Defining binary operator grammar rules (as well as unary, ternary, and other arities) can be tricky and if not done correctly, can lead to global ambiguities all over the place. Let’s say we want to define a grammar for arithmetic expressions. And in this grammar, we only need to support addition and the only things which can be added are identifiers. Identifiers will be terminal symbols with the name “id”. One way to write the rules for this grammar would be as follows:
Expression =
id
| Expression, '+', Expression;
Now when presented with the text “x + y”, the following syntax tree would be generated:
However, if two or more additions are chained, the text becomes ambiguous. “x + y + z” could be interpreted in two different ways:
Now, other than the performance hit incurred when parsing ambiguities, this isn’t really a problem because addition is associative. The syntax tree on the left has the semantics of “(x + y) + z” and the syntax tree on the right has the semantics of “x + (y + z)”, both of which evaluate to the same result. So it would be ok to let the parser arbitrarily pick one of the trees. However, if we try to add support for multiplication, things get more complicated:
Expression =
id
| Expression, '+', Expression
| Expression, '*', Expression;
Now if the parser tries to analyze the text “x + y * z”, it will again create two ambiguous trees:
Now only one of these trees is valid. The syntax tree on the left has the semantics of “(x + y) * z”, which is incorrect, whereas the syntax tree on the right has the correct semantics of “x + (y * z)”. Therefore, when parsing arithmetic expressions, we always want the lower precedence operations to “own” the higher precedence operations. The nodes representing the lower precedence operations should appear higher in the syntax tree. One way to make sure the syntax tree always has this trait is to separate out the addition operation into its own non-terminal symbol and then mark it with HasPriority:
Expression =
id
| AdditionExpression
| MultiplicationExpression;
?<HasPriority>true</HasPriority>?;
AdditionExpression = Expression, '+', Expression;
MultiplicationExpression = Expression, '*', Expression;
However, this doesn’t prevent a global ambiguity from occurring. This just helps the parser decide which ambiguous tree should be chosen when the ambiguity does occur. So the performance hit is still incurred. Also, this only works with two precedence levels. Once there are three or more, there is no way to specify a precedence level for a non-terminal symbol. A non-terminal symbol either has priority or it doesn’t.

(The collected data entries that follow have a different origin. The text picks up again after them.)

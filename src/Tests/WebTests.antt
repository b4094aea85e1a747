-- ===== src/Tests/WebTests.antt =====
-- The theorems on login, upload and the grouping of tests at small inputs.
use distributed_verification.Prelude.{
  ◌≢◌, ◌≡◌, refl, Bool, List, [], ◌∷◌, ◌++◌, All, Text, codes, arith, text_eq,
}
use distributed_verification.Access.{ok}
use distributed_verification.Login.{Attempts, attempts_of, login}
use distributed_verification.Login.RateLimit.{IsLimited, LoginCases, login_cases}
use distributed_verification.Upload.{ZipInfo, extract}
use distributed_verification.Upload.Paths.{IsBelow, extract-IsBelow, extract_escapes}
use distributed_verification.Tests.Samples.{contended}

-- A check that compares the texts.
abbrev plain_check : Text → Text → Bool
plain_check password secret = text_eq password secret

-- Two attempts for one key.
abbrev tries : Attempts
tries = (codes "k1", 10 ∷ 90 ∷ []) ∷ []

tries-IsLimited : IsLimited tries
unfolding attempts_of
tries-IsLimited key = ground arith

login_cases_example :
    LoginCases plain_check 100
      (codes "k1")
      (codes "s")
      contended
      tries
      (login plain_check 100 (codes "k1") (codes "s") contended tries)
login_cases_example = login_cases plain_check 100 (codes "k1") (codes "s") contended tries

-- Every file of the archive below the directory.
abbrev extract_to : Text → List ZipInfo → List Text
extract_to dir [] = []
extract_to dir (i ∷ infos) = (dir ++ codes "/" ++ i.filename) ∷ extract_to dir infos

abbrev archive : List ZipInfo
archive =
    record { filename = codes "top/a.py"; file_size = 10 }
    ∷ record { filename = codes "top/b/c.py"; file_size = 20 }
    ∷ []

extract-IsBelow_example :
    (codes "top" ≢ []) × All (IsBelow (codes "/up")) (codes "/up/a.py" ∷ codes "/up/b/c.py" ∷ [])
unfolding extract
extract-IsBelow_example =
    extract-IsBelow extract_to 100 (codes "/up") archive (codes "top")
      (codes "/up/a.py" ∷ codes "/up/b/c.py" ∷ []) refl (refl, (refl, tt)) refl

extract_escapes_example :
    extract extract_to 100
      (codes "/up")
      (record { filename = codes "top//etc/x"; file_size = 10 } ∷ [])
    ≡ ok (codes "/etc/x" ∷ [])
extract_escapes_example =
    extract_escapes extract_to 100 (codes "/up") (codes "top") (codes "etc/x") 10 (λ e. cc) refl
      refl refl refl

-- Three tests of two files.
abbrev selection : List Text
selection = codes "a.py::t1" ∷ codes "b.py" ∷ codes "a.py::t2" ∷ []
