-- ===== src/Web.antt =====
-- backend/app/main.py: RequestSizeLimitMiddleware and the origins that CORSMiddleware is
-- given. Parameters: `int` of a text, `none` if it raises ValueError, and `str.strip`.
pub mod Origins
use distributed_verification.Prelude.{
  ℕ, Bool, true, false, not, ◌&&◌, Option, none, some, List, [], ◌∷◌, map, Text, codes, text_eq,
  ltb, if◌then◌else◌, any, select, ℤ, pos, negsuc,
}
use distributed_verification.Access.{Result, raise, ok, too_large, internal}
use distributed_verification.Runs.{truthy_text}
use distributed_verification.CommandLine.{split_commas}

-- `n > limit` for a limit that is not negative.
abbrev pub exceeds : ℤ → ℕ → Bool
exceeds (pos n) limit = ltb limit n
exceeds (negsuc n) limit = false

-- `dispatch`, by the header content-length and what the application answers. An exception becomes
-- the answer of global_exception_handler.
unfoldable pub dispatch {ℓ} :
    (Text → Option ℤ) → ℕ → {A : Type ℓ} → Option Text → Result A → Result A
dispatch int max_body content_length next = elim (truthy_text content_length) [
  | none ↦ next
  | some header ↦ elim (int header) [
    | none ↦ raise internal
    | some n ↦ if exceeds n max_body then raise too_large else next
  ]
]

pub record Cors : Type 0 where
  pub allowed_origins : List Text
  pub allow_credentials : Bool

abbrev pub is_given : Text → Bool
is_given [] = false
is_given (c ∷ t) = true

abbrev pub star : Text
star = codes "*"

-- By what CORS_ORIGINS has, if it is set.
abbrev pub cors_from : (Text → Text) → Option Text → Cors
cors_from strip none = record { allowed_origins = star ∷ []; allow_credentials = false }
cors_from strip (some origins) =
    let allowed = select is_given (map strip (split_commas [] origins)) in
    record { allowed_origins = allowed; allow_credentials = not (any (text_eq star) allowed) }

-- By the environment variable CORS_ORIGINS, which reads as the empty text if it is not set.
unfoldable pub cors_of : (Text → Text) → Text → Cors
unfolding split_commas
cors_of strip variable = cors_from strip (truthy_text (some (strip variable)))
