-- ===== src/Web/Origins.antt =====
-- The origins that are allowed, and the credentials.
use distributed_verification.Prelude.{
  ◌≡◌, refl, Bool, true, false, not, ◌&&◌, Option, none, some, Text, text_eq, any,
}
use distributed_verification.Runs.{truthy_text}
use distributed_verification.Web.{cors_from, star, cors_of}

not_self : (b : Bool) → (not b && b) ≡ false
not_self true = refl
not_self false = refl

cors_from-star :
    (strip : Text → Text) (origins : Option Text)
    → ((cors_from strip origins).allow_credentials
        && any (text_eq star) (cors_from strip origins).allowed_origins)
      ≡ false
cors_from-star strip none = refl
cors_from-star strip (some origins) =
    not_self (any (text_eq star) (cors_from strip (some origins)).allowed_origins)

-- Credentials are never allowed together with all origins.
pub cors_of-star :
    (strip : Text → Text) (variable : Text)
    → ((cors_of strip variable).allow_credentials
        && any (text_eq star) (cors_of strip variable).allowed_origins)
      ≡ false
unfolding cors_of
cors_of-star strip variable = cors_from-star strip (truthy_text (some (strip variable)))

So what is the solution? The better way to do this is to write the rules in such a way so that there are no ambiguities and the lower precedence operations automatically own the higher precedence operations:
Expression =
P3;
P3 =
P2
| AdditionExpression;
AdditionExpression =
P3, '+', P2;
P2 =
P1
| MultiplicationExpression;
MultiplicationExpression =
P2, '*', P1;
P1 = id;
Now when parsing the text “x + y * z”, only one tree can be generated:
Although it is a bit denser than the original trees, this syntax tree represents the correct semantics of the expression. The incorrect tree from before, which had a multiplication expression “owning” an addition expression, can never be generated with this grammar.
To understand why the incorrect tree is impossible, it is important to understand some general rules used here. First of all, each arithmetic expression has as its arguments other expressions at its precedence level or a higher precedence level. This ensures that the lower precedence operations “own” the higher precedence operations. Second, each “P_” rule represents expressions at that precedence level and higher. So P3 could be anything at P3, P2, or P1. P2 could be anything at P2 or P1. And a P1 can only be something at the P1 level, which is only “id” in this grammar. This is why the root “Expression” symbol represents a P3, because an expression can be any arithmetic operation or just an identifier by itself. It can represent something at any precedence level.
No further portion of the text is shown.